Instructions to follow: Copy out lines with the word "filename" from the material that follows.

[Dataset extract — start]

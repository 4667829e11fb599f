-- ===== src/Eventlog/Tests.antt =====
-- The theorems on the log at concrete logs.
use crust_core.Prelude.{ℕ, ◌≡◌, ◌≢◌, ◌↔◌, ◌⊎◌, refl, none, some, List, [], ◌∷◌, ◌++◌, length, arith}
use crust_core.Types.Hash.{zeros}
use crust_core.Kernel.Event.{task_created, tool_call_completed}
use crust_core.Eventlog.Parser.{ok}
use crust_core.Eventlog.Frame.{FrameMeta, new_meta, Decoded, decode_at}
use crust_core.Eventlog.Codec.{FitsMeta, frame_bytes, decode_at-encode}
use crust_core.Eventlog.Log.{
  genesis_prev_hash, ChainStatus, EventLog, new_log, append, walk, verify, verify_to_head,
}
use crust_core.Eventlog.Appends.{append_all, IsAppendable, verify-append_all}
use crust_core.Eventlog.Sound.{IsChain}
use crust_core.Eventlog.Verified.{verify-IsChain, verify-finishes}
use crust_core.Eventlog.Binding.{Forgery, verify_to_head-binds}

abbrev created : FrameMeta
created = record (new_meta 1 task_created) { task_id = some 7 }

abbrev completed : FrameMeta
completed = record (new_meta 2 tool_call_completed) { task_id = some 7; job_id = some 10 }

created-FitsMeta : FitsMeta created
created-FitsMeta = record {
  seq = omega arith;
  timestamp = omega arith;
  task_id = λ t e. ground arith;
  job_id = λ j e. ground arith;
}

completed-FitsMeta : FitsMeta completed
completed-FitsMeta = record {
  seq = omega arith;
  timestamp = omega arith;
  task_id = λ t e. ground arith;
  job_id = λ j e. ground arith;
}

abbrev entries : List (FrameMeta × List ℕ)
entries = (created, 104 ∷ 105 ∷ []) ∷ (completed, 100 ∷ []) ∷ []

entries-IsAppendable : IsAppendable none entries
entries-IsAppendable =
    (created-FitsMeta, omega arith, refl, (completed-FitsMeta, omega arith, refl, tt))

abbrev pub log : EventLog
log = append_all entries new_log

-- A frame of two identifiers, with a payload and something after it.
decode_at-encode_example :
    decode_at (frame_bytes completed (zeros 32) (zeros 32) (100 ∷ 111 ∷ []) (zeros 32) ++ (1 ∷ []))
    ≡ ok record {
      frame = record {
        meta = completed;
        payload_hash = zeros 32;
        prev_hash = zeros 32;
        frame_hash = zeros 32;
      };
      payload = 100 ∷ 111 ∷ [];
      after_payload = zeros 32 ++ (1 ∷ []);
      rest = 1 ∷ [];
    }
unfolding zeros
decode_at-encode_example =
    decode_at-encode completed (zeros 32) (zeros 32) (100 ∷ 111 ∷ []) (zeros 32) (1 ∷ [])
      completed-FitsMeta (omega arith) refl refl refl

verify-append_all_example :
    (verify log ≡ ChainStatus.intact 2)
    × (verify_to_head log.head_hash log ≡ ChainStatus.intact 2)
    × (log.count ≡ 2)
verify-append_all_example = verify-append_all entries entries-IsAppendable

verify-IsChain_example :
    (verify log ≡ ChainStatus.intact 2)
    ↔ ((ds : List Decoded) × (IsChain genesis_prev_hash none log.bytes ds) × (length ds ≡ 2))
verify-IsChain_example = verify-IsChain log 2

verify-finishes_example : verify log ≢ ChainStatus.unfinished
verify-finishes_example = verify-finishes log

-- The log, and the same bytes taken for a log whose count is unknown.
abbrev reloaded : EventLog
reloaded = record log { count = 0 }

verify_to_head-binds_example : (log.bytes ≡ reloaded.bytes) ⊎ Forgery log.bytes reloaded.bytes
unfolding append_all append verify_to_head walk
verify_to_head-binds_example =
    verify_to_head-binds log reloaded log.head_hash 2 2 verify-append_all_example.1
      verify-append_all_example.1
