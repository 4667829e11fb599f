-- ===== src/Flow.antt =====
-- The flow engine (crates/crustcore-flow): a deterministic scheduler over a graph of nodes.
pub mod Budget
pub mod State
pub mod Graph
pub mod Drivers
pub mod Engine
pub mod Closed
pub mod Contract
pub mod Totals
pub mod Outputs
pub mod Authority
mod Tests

[Dataset extract — finish]
[Dataset extract — start]

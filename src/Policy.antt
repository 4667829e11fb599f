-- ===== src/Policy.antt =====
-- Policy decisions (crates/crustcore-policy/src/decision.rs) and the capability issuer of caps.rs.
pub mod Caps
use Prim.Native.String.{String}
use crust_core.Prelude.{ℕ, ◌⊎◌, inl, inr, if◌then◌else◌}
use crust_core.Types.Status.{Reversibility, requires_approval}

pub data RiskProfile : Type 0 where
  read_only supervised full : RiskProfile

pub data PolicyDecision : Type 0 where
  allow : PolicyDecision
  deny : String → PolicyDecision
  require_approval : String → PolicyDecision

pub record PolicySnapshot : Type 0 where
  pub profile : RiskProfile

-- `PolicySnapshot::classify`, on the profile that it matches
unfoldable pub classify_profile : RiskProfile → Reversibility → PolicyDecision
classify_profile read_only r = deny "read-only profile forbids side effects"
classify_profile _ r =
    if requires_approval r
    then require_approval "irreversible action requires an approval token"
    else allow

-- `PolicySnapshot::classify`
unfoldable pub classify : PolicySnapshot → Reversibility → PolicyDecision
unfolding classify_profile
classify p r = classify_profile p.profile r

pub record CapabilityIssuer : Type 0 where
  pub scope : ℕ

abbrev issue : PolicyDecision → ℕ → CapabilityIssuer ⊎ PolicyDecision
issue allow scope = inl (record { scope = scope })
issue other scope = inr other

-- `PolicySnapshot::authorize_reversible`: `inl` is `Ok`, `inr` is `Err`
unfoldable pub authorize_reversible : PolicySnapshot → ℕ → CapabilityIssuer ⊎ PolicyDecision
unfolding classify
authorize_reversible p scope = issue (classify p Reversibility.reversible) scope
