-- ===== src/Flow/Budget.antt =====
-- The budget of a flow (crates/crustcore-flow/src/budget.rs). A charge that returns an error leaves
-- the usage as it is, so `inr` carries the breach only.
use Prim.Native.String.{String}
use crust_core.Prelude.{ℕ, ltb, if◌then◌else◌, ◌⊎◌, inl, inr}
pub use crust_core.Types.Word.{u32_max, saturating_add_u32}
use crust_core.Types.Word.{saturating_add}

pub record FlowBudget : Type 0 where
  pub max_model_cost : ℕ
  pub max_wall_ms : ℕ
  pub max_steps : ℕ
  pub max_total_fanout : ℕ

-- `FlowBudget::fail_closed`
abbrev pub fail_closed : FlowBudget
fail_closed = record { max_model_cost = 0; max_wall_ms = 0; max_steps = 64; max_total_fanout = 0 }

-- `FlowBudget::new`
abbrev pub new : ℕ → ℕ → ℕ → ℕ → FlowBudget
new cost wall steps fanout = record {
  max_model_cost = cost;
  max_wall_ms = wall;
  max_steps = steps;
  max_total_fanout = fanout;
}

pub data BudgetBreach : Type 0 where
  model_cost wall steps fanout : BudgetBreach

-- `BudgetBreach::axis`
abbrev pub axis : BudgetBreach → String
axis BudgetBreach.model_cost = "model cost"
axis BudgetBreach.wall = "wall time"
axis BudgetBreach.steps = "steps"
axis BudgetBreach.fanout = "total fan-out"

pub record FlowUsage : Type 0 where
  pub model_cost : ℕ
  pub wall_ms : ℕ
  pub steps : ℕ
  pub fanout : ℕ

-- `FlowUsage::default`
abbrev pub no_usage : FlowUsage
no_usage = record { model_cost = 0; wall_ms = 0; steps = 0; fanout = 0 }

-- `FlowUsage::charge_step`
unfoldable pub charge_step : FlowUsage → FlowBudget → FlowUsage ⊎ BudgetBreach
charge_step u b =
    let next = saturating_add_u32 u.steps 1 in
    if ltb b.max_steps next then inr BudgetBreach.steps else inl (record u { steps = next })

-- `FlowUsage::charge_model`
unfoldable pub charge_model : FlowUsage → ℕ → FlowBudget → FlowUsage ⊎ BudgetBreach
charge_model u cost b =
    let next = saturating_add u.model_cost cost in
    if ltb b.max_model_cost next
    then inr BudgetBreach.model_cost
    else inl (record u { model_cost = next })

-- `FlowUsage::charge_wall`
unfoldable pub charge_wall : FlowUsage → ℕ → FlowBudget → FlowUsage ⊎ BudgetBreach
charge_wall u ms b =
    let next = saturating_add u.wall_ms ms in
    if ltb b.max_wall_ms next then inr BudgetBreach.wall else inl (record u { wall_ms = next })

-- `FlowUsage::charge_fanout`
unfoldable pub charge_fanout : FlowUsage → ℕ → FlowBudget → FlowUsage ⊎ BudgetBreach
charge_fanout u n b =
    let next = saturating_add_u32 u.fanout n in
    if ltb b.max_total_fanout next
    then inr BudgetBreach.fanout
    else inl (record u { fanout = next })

[Dataset extract — finish]
[Dataset extract — start]

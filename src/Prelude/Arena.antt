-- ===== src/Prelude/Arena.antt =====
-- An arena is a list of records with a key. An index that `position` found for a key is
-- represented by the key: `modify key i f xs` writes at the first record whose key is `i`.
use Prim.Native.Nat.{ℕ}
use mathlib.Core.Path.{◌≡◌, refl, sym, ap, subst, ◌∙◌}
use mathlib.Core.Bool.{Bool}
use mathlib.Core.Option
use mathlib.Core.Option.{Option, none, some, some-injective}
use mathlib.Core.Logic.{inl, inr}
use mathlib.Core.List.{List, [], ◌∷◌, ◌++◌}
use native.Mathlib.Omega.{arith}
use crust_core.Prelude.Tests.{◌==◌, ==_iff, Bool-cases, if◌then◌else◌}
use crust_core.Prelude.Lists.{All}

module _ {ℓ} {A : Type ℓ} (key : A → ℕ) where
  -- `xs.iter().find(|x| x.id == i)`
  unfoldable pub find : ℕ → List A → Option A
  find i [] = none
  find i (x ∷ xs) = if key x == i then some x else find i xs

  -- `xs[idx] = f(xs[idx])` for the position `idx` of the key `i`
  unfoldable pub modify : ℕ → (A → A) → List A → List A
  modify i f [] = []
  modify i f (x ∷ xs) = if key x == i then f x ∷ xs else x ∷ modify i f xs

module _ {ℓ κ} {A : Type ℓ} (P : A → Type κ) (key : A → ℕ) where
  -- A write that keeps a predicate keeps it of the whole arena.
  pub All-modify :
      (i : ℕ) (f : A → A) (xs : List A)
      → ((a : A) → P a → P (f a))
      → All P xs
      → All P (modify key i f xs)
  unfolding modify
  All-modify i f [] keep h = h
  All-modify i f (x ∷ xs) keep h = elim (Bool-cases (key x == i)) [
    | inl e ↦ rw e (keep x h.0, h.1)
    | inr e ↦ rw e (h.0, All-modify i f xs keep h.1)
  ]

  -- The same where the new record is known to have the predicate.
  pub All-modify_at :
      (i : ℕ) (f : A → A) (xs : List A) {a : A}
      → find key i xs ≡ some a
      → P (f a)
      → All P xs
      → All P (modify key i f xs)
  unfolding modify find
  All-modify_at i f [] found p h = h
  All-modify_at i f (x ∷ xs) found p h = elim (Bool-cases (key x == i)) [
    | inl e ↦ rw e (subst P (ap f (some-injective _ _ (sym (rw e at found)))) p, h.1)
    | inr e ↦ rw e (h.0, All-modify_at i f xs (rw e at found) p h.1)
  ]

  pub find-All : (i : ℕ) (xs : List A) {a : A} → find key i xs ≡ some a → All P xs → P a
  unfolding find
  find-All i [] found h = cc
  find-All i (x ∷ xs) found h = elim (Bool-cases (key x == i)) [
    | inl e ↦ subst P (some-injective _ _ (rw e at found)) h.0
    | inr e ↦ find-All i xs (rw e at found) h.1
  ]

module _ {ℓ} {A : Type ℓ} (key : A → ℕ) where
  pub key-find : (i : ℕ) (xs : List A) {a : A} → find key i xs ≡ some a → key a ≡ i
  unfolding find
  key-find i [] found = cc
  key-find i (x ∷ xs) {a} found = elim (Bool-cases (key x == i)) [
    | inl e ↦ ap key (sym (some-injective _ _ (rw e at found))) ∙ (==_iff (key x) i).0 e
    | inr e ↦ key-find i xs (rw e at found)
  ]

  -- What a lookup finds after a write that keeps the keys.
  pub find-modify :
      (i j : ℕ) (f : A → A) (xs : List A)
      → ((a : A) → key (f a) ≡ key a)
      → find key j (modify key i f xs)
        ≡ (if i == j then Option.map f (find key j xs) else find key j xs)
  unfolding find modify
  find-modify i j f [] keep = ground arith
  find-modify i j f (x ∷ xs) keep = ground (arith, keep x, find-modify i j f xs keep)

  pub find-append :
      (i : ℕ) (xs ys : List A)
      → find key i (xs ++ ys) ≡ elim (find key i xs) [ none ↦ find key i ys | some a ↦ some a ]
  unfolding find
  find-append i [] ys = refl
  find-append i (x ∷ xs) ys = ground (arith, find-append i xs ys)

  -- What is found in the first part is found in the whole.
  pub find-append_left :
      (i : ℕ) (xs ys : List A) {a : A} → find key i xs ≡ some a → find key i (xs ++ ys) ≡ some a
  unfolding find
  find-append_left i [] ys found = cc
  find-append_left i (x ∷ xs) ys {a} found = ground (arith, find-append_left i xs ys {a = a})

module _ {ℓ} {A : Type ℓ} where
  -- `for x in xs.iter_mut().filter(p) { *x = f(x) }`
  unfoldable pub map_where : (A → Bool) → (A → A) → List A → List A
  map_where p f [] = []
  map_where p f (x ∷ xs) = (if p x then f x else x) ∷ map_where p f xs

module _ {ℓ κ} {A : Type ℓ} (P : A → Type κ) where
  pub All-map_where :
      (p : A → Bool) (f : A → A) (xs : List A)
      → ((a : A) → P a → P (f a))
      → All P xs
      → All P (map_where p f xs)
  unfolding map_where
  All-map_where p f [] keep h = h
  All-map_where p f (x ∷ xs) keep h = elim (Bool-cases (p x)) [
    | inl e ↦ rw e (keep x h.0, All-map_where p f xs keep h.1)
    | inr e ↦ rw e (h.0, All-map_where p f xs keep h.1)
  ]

[Dataset extract — finish]

Worked solution:
filename src/Policy.antt
filename src/Prelude/Arena.antt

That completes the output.